━━━ Supplied material ━━━
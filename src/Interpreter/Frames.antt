-- ===== src/Interpreter/Frames.antt =====
-- Frame bookkeeping of src/runtime/Interpreter.cpp: the pushing of a frame, the locals of an
-- iteration, and the resolution of a jump against the live frames.
use sapo_engine.Prelude.{
  ℕ, suc, String, Option, none, some, List, [], ◌∷◌, if◌then◌else◌, str_eq, get_elem?,
}
use sapo_engine.Prelude.Map.{Assoc, insert, erase}
use sapo_engine.Json.{Json}
use sapo_engine.Interpreter.State.{
  Local, item, number, Frame, FrameKind, loop, LoopMode, no_mode, LoopState, TryState, in_body,
  RunState,
}

abbrev pub bump : Option ℕ → Option ℕ
bump none = none
bump (some i) = some (suc i)

-- `indexOfId`; `none` is its -1.
unfoldable pub index_of_id : List String → String → Option ℕ
index_of_id [] id = none
index_of_id (x ∷ xs) id = if str_eq x id then some 0 else bump (index_of_id xs id)

-- The members that a frame of another kind lacks.
abbrev pub no_loop : LoopState
no_loop = record {
  mode = no_mode;
  items = [];
  index = 0;
  total = 0;
  max_iterations = 1000;
  iterator = "";
  index_variable = "";
  on_item_error = "fail";
  loop_id = "";
}

abbrev pub no_try : TryState
no_try = record {
  phase = in_body;
  catch_ids = [];
  finally_ids = [];
  error_variable = "error";
  catch_when = [];
  propagate = none;
}

unfoldable pub set_named : String → Local → Assoc Local → Assoc Local
set_named name v locals = if str_eq name "" then locals else insert name v locals

-- `items[index]`, where the index is in range.
unfoldable pub bind_item : LoopState → Option Json → Assoc Local → Assoc Local
bind_item ls none locals = locals
bind_item ls (some v) locals = set_named ls.iterator (item v) locals

unfoldable pub bound_locals : LoopMode → LoopState → Assoc Local → Assoc Local
bound_locals no_mode ls locals = locals
bound_locals _ ls locals = insert "iteration" (number ls.index) (
    set_named ls.index_variable (number ls.index)
      (bind_item ls (get_elem? ls.items ls.index) locals))

unfoldable pub erase_named : String → Assoc Local → Assoc Local
erase_named name locals = if str_eq name "" then locals else erase name locals

module _ {C : Type 0} where
  -- `context->setFrames(state.frames)`
  abbrev pub save_frames : RunState C → RunState C
  save_frames st = record st { saved_frames = st.frames }

  unfoldable pub push_frame :
      RunState C → FrameKind → String → List String → String → LoopState → TryState → RunState C
  push_frame st kind node_id ids resume_target ls ts =
      let frame : Frame = record {
        kind = kind;
        node_id = node_id;
        position = 0;
        resume_target = resume_target;
        ids = ids;
        loop_state = ls;
        try_state = ts;
      } in
      save_frames (record st { frames = frame ∷ st.frames })

  unfoldable pub bind_iteration : RunState C → LoopState → RunState C
  unfolding bound_locals bind_item set_named
  bind_iteration st ls = record st { locals = bound_locals ls.mode ls st.locals }

  unfoldable pub erase_iteration_locals : RunState C → LoopState → RunState C
  unfolding erase_named
  erase_iteration_locals st ls = record st {
    locals = erase "iteration" (erase_named ls.index_variable (erase_named ls.iterator st.locals));
  }

  -- A loop frame that is stepped into rebinds its iteration.
  unfoldable pub bind_if_loop : FrameKind → LoopState → RunState C → RunState C
  bind_if_loop loop ls st = bind_iteration st ls
  bind_if_loop _ ls st = st

  -- The search of `resolveJump`, from the innermost frame outwards: the frame is stepped and the
  -- frames nested inside it are dropped. Without such a frame every frame is left.
  unfoldable pub enter_frame :
      String → RunState C → Option ℕ → Frame → List Frame → RunState C → RunState C
  enter_frame target st none frame outer otherwise = otherwise
  enter_frame target st (some i) frame outer otherwise =
      record (bind_if_loop frame.kind frame.loop_state
        (record st { frames = record frame { position = i } ∷ outer })) { cursor = target }

  unfoldable pub jump_into : String → RunState C → List Frame → RunState C
  jump_into target st [] = record st { frames = []; saved_frames = []; cursor = target }
  jump_into target st (frame ∷ outer) =
      enter_frame target st (index_of_id frame.ids target) frame outer (jump_into target st outer)

  unfoldable pub resolve_jump : RunState C → String → RunState C
  unfolding jump_into enter_frame bind_if_loop
  resolve_jump st target =
      if str_eq target "" then record st { cursor = "" } else jump_into target st st.frames
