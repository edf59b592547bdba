-- ===== src/Interpreter/Advance.antt =====
-- How control leaves a node, src/runtime/Interpreter.cpp: `advanceAfterNode` and, through the
-- frames that end there, `advanceTryPhase`, `closeFrame`, `nextIterationFor` and `finishLoop`.
-- These call one another on ever fewer frames. Each takes, as `k`, the rest of the unwinding from
-- a node and the frames that are left; the recursion is tied on fuel by `advance`: two rounds for
-- a frame, which a try frame takes to go through its `finally` body, and one for the end.
use sapo_engine.Prelude.{
  ℕ, zero, suc, ◌+◌, String, Bool, true, false, not, ◌&&◌, ◌||◌, Option, none, some, List, [], ◌∷◌,
  ◌++◌, if◌then◌else◌, str_eq, ltb, leb, get_elem?,
}
use sapo_engine.Prelude.Map.{insert}
use sapo_engine.Workflow.{Node, ParsedWorkflow, find, NodeKind, loop_kind}
use sapo_engine.Interpreter.State.{
  loop_capped, error_object, CapturedError, Frame, FrameKind, loop, try, branch, body, LoopMode,
  while, Phase, in_body, in_catch, in_finally, RunStatus, running, completed, RunState, Tasks, Step,
  done, stuck, ◌>>=◌, unguarded,
}
use sapo_engine.Interpreter.Frames.{
  index_of_id, save_frames, bind_iteration, erase_iteration_locals, resolve_jump,
}

-- `if (state.status == "running") state.status = "completed"`
abbrev pub completed_status : RunStatus → RunStatus
completed_status running = completed
completed_status s = s

abbrev pub next_of_found : Option Node → Option String
next_of_found none = none
next_of_found (some node) = node.next

abbrev pub next_of : ParsedWorkflow → String → Option String
next_of w id = next_of_found (find w id)

abbrev pub is_while : LoopMode → Bool
is_while while = true
is_while _ = false

abbrev pub is_none : Option ℕ → Bool
is_none none = true
is_none (some i) = false

-- The `next` of a body node, where it leaves the body.
abbrev pub leaving : List String → Option String → Option String
leaving ids none = none
leaving ids (some t) = if is_none (index_of_id ids t) then some t else none

-- The rounds that a frame may take.
abbrev pub rounds_of : Phase → ℕ
rounds_of in_finally = 1
rounds_of _ = 2

abbrev pub weigh : List Frame → ℕ
weigh [] = 0
weigh (f ∷ rest) = rounds_of f.try_state.phase + weigh rest

-- What is left of the unwinding, from a node and the frames around it.
abbrev pub Unwind : Type 0 → Type 0
Unwind C = String → List Frame → RunState C → Step (RunState C)

-- The first node of a body.
unfoldable pub front : List String → String
front [] = ""
front (x ∷ xs) = x

unfoldable pub kind_of : Option Node → NodeKind
kind_of none = NodeKind.parallel_kind
kind_of (some node) = node.kind

module _ {C : Type 0} where
  unfoldable pub end_of_run : RunState C → RunState C
  end_of_run st = record st { cursor = ""; status = completed_status st.status; finished = true }

  -- `advanceAfterNode` outside of any frame.
  unfoldable pub leave_top : Option String → RunState C → RunState C
  unfolding end_of_run
  leave_top (some target) st = record st { cursor = target }
  leave_top none st = end_of_run st

  -- The end of `closeFrame`, and of a loop that is over.
  unfoldable pub close_frame : Unwind C → Frame → List Frame → RunState C → Step (RunState C)
  close_frame k f rest st =
      k f.node_id rest
        (record (erase_iteration_locals (save_frames (record st { frames = rest })) f.loop_state) {
          current_node_id = f.node_id;
        })

  unfoldable pub repeat_body : Frame → List Frame → ℕ → RunState C → RunState C
  unfolding front
  repeat_body f rest index st =
      let f' : Frame = record f {
        position = 0;
        loop_state = record f.loop_state { index = index };
      } in
      record (save_frames (bind_iteration (record st { frames = f' ∷ rest }) f'.loop_state)) {
        cursor = front f.ids;
      }

  unfoldable pub warn_capped : Frame → Bool → RunState C → RunState C
  warn_capped f capped st =
      if capped && is_while f.loop_state.mode
      then record st {
        warnings = st.warnings ++ loop_capped f.node_id f.loop_state.max_iterations ∷ [];
      }
      else st

  unfoldable pub enter_finally : Frame → List Frame → List String → RunState C → RunState C
  unfolding front
  enter_finally f rest ids st =
      let f' : Frame = record f {
        position = 0;
        ids = ids;
        try_state = record f.try_state { phase = in_finally };
      } in
      record (save_frames (record st { frames = f' ∷ rest })) { cursor = front ids }

  unfoldable pub raise_again : Option CapturedError → RunState C → RunState C
  raise_again none st = st
  raise_again (some e) st = record st {
    pending_error = some e;
    locals = insert "error" (error_object e) st.locals;
  }

  -- `advanceTryPhase`: the body and the catch body are followed by the `finally` body, if there is
  -- one; after that, or without one, the frame is closed.
  unfoldable pub advance_try_phase :
      Unwind C → Frame → List Frame → Phase → List String → RunState C → Step (RunState C)
  advance_try_phase k f rest in_body (x ∷ xs) st = done (enter_finally f rest (x ∷ xs) st)
  advance_try_phase k f rest in_catch (x ∷ xs) st = done (enter_finally f rest (x ∷ xs) st)
  advance_try_phase k f rest _ _ st =
      close_frame k f rest (raise_again f.try_state.propagate (record st { frames = f ∷ rest }))

  -- `if (!state.cursor.empty() || state.finished) return; current = owner; continue;`
  unfoldable pub go_on : Unwind C → String → RunState C → Step (RunState C)
  go_on k owner st =
      if not (str_eq st.cursor "") || st.finished then done st else k owner st.frames st

  unfoldable pub pop_frame : Unwind C → Frame → List Frame → RunState C → Step (RunState C)
  pop_frame k f rest st =
      let st' = save_frames (record st { frames = rest }) in
      if str_eq f.resume_target ""
      then k f.node_id rest st'
      else done (record st' { cursor = f.resume_target })

module _ {C : Type 0} (t : Tasks C) (w : ParsedWorkflow) where
  -- The guard of a `while` loop, asked before each further pass.
  unfoldable pub ask_guard : Option Node → NodeKind → RunState C → Step Bool
  ask_guard (some node) (loop_kind l) st = unguarded (t.loop_guard node st)
  ask_guard _ _ st = done false

  unfoldable pub more_passes : Frame → Bool → RunState C → Step Bool
  more_passes f false st = done false
  more_passes f true st =
      if is_while f.loop_state.mode
      then ask_guard (find w f.node_id) (kind_of (find w f.node_id)) st
      else done true

  -- The next pass of a loop, or the end of it.
  unfoldable pub pass_or_close :
      Unwind C → Frame → List Frame → ℕ → RunState C → Bool → Step (RunState C)
  pass_or_close k f rest index st more =
      if more then done (repeat_body f rest index st) else close_frame k f rest st

  -- `nextIterationFor`, once its loop frame is the innermost.
  unfoldable pub next_iteration : Unwind C → Frame → List Frame → RunState C → Step (RunState C)
  next_iteration k f rest st =
      let index = f.loop_state.index + 1 in
      let capped = leb f.loop_state.max_iterations index in
      let st' = warn_capped f capped (record st { frames = f ∷ rest }) in
      more_passes f (not capped && ltb index f.loop_state.total) st'
      >>= pass_or_close k f rest index st'

  -- A frame whose body is over. `last` tells the last node of the body from a node outside of it,
  -- after which a branch keeps its status.
  unfoldable pub complete_frame :
      Unwind C → FrameKind → Bool → Frame → List Frame → RunState C → Step (RunState C)
  complete_frame k loop last f rest st = next_iteration k f rest st
  complete_frame k try last f rest st =
      advance_try_phase k f rest f.try_state.phase f.try_state.finally_ids st >>= go_on k f.node_id
  complete_frame k branch last f rest st = done (record st {
    frames = f ∷ rest;
    branch_finished = true;
    finished = true;
    cursor = "";
    status = if last then completed_status st.status else st.status;
  })
  complete_frame k body last f rest st = pop_frame k f rest st

  unfoldable pub step_sibling :
      Unwind C → ℕ → Option String → Frame → List Frame → RunState C → Step (RunState C)
  step_sibling k i none f rest st = complete_frame k f.kind true f rest st
  step_sibling k i (some id) f rest st =
      done (save_frames (record st { frames = record f { position = i + 1 } ∷ rest; cursor = id }))

  unfoldable pub leave_or_step :
      Unwind C → ℕ → Option String → Frame → List Frame → RunState C → Step (RunState C)
  leave_or_step k i (some target) f rest st =
      done (resolve_jump (record st { frames = f ∷ rest }) target)
  leave_or_step k i none f rest st = step_sibling k i (get_elem? f.ids (i + 1)) f rest st

  unfoldable pub advance_in :
      Unwind C → String → Option ℕ → Frame → List Frame → RunState C → Step (RunState C)
  advance_in k current none f rest st = complete_frame k f.kind false f rest st
  advance_in k current (some i) f rest st =
      leave_or_step k i (leaving f.ids (next_of w current)) f rest st

  -- One turn of the loop of `advanceAfterNode`.
  unfoldable pub advance : ℕ → Unwind C
  advance zero current frames st = stuck
  advance (suc n) current [] st = done (leave_top (next_of w current) (record st { frames = [] }))
  advance (suc n) current (f ∷ rest) st =
      advance_in (advance n) current (index_of_id f.ids current) f rest st

  unfoldable pub advance_after_node : RunState C → Step (RunState C)
  advance_after_node st = advance (suc (weigh st.frames)) st.current_node_id st.frames st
━━━
_What the task requires:_ Report all lines of the data that include the word "unwinding".

_Written response:_
-- These call one another on ever fewer frames. Each takes, as `k`, the rest of the unwinding from
-- What is left of the unwinding, from a node and the frames around it.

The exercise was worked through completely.